The problem: Nothing below is to be printed except the lines between the line holding "codes_of (s ∷" and the line holding "codes-append s (concat", inclusive, each exactly as it appears.

━━ Given information

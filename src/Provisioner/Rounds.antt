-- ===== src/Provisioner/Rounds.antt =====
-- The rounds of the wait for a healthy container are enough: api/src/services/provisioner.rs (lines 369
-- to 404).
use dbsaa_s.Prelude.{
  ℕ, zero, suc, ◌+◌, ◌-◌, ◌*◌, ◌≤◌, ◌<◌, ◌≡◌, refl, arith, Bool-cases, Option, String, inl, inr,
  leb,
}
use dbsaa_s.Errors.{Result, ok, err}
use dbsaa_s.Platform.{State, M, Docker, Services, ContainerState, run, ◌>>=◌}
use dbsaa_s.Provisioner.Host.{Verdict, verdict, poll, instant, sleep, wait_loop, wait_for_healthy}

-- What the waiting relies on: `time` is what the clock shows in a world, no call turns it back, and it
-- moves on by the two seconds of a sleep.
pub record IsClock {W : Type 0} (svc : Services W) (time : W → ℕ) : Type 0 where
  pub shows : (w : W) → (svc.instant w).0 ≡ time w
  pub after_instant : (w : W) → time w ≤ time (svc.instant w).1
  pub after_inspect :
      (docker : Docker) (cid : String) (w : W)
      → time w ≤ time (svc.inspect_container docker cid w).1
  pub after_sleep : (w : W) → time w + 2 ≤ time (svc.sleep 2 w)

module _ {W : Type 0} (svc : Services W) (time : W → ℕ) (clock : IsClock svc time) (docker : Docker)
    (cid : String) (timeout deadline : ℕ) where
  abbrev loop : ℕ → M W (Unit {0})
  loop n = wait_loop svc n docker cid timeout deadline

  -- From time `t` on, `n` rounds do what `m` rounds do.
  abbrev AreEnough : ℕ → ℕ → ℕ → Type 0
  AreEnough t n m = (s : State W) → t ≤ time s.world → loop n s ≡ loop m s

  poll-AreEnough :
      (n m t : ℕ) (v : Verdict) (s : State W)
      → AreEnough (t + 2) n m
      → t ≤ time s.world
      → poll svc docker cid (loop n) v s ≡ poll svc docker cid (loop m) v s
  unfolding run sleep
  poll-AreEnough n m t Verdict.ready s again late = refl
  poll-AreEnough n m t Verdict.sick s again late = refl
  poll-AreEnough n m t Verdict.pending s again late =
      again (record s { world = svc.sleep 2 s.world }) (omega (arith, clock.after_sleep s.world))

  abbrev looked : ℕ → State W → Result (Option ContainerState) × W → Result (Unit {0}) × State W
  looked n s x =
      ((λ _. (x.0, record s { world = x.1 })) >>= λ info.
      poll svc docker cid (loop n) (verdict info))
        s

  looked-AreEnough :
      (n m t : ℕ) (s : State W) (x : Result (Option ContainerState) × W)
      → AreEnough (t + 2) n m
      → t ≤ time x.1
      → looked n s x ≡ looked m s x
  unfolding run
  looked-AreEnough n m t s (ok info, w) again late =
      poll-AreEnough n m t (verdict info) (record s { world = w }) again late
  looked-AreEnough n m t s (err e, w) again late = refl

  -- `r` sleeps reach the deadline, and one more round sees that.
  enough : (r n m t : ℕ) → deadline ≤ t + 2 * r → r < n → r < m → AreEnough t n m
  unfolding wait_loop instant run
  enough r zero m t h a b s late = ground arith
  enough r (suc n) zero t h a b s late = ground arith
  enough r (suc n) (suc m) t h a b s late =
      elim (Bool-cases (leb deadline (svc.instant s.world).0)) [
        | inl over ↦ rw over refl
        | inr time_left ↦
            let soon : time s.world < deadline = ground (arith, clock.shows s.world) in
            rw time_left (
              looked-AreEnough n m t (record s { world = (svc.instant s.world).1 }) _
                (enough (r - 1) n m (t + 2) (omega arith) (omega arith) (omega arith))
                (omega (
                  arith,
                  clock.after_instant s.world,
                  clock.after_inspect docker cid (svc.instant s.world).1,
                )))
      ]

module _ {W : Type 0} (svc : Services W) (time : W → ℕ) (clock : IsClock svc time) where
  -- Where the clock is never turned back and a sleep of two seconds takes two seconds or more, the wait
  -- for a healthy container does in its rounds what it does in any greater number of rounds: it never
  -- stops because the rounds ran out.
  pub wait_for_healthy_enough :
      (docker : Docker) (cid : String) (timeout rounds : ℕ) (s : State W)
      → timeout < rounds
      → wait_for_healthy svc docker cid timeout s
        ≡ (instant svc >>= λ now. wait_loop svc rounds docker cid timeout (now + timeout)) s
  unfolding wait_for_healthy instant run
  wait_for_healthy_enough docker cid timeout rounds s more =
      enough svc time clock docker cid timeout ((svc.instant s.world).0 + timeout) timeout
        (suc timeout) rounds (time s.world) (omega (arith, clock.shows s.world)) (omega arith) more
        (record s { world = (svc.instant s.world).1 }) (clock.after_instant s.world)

━━━━
━━ Given information

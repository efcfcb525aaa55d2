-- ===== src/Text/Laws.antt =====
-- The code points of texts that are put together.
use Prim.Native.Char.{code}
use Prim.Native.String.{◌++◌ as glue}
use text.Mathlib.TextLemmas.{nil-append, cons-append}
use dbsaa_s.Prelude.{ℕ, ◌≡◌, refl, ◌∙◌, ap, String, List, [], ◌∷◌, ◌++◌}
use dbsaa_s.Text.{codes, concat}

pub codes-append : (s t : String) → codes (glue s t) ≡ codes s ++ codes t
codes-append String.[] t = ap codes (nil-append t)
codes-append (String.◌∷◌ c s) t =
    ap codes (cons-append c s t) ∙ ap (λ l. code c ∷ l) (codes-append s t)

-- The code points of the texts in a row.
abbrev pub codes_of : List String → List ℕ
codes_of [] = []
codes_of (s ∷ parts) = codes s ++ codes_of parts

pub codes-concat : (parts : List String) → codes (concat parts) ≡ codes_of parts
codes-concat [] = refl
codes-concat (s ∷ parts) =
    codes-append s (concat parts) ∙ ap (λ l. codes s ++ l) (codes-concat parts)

━━━━

Finished exercise:
codes_of (s ∷ parts) = codes s ++ codes_of parts

pub codes-concat : (parts : List String) → codes (concat parts) ≡ codes_of parts
codes-concat [] = refl
codes-concat (s ∷ parts) =
    codes-append s (concat parts) ∙ ap (λ l. codes s ++ l) (codes-concat parts)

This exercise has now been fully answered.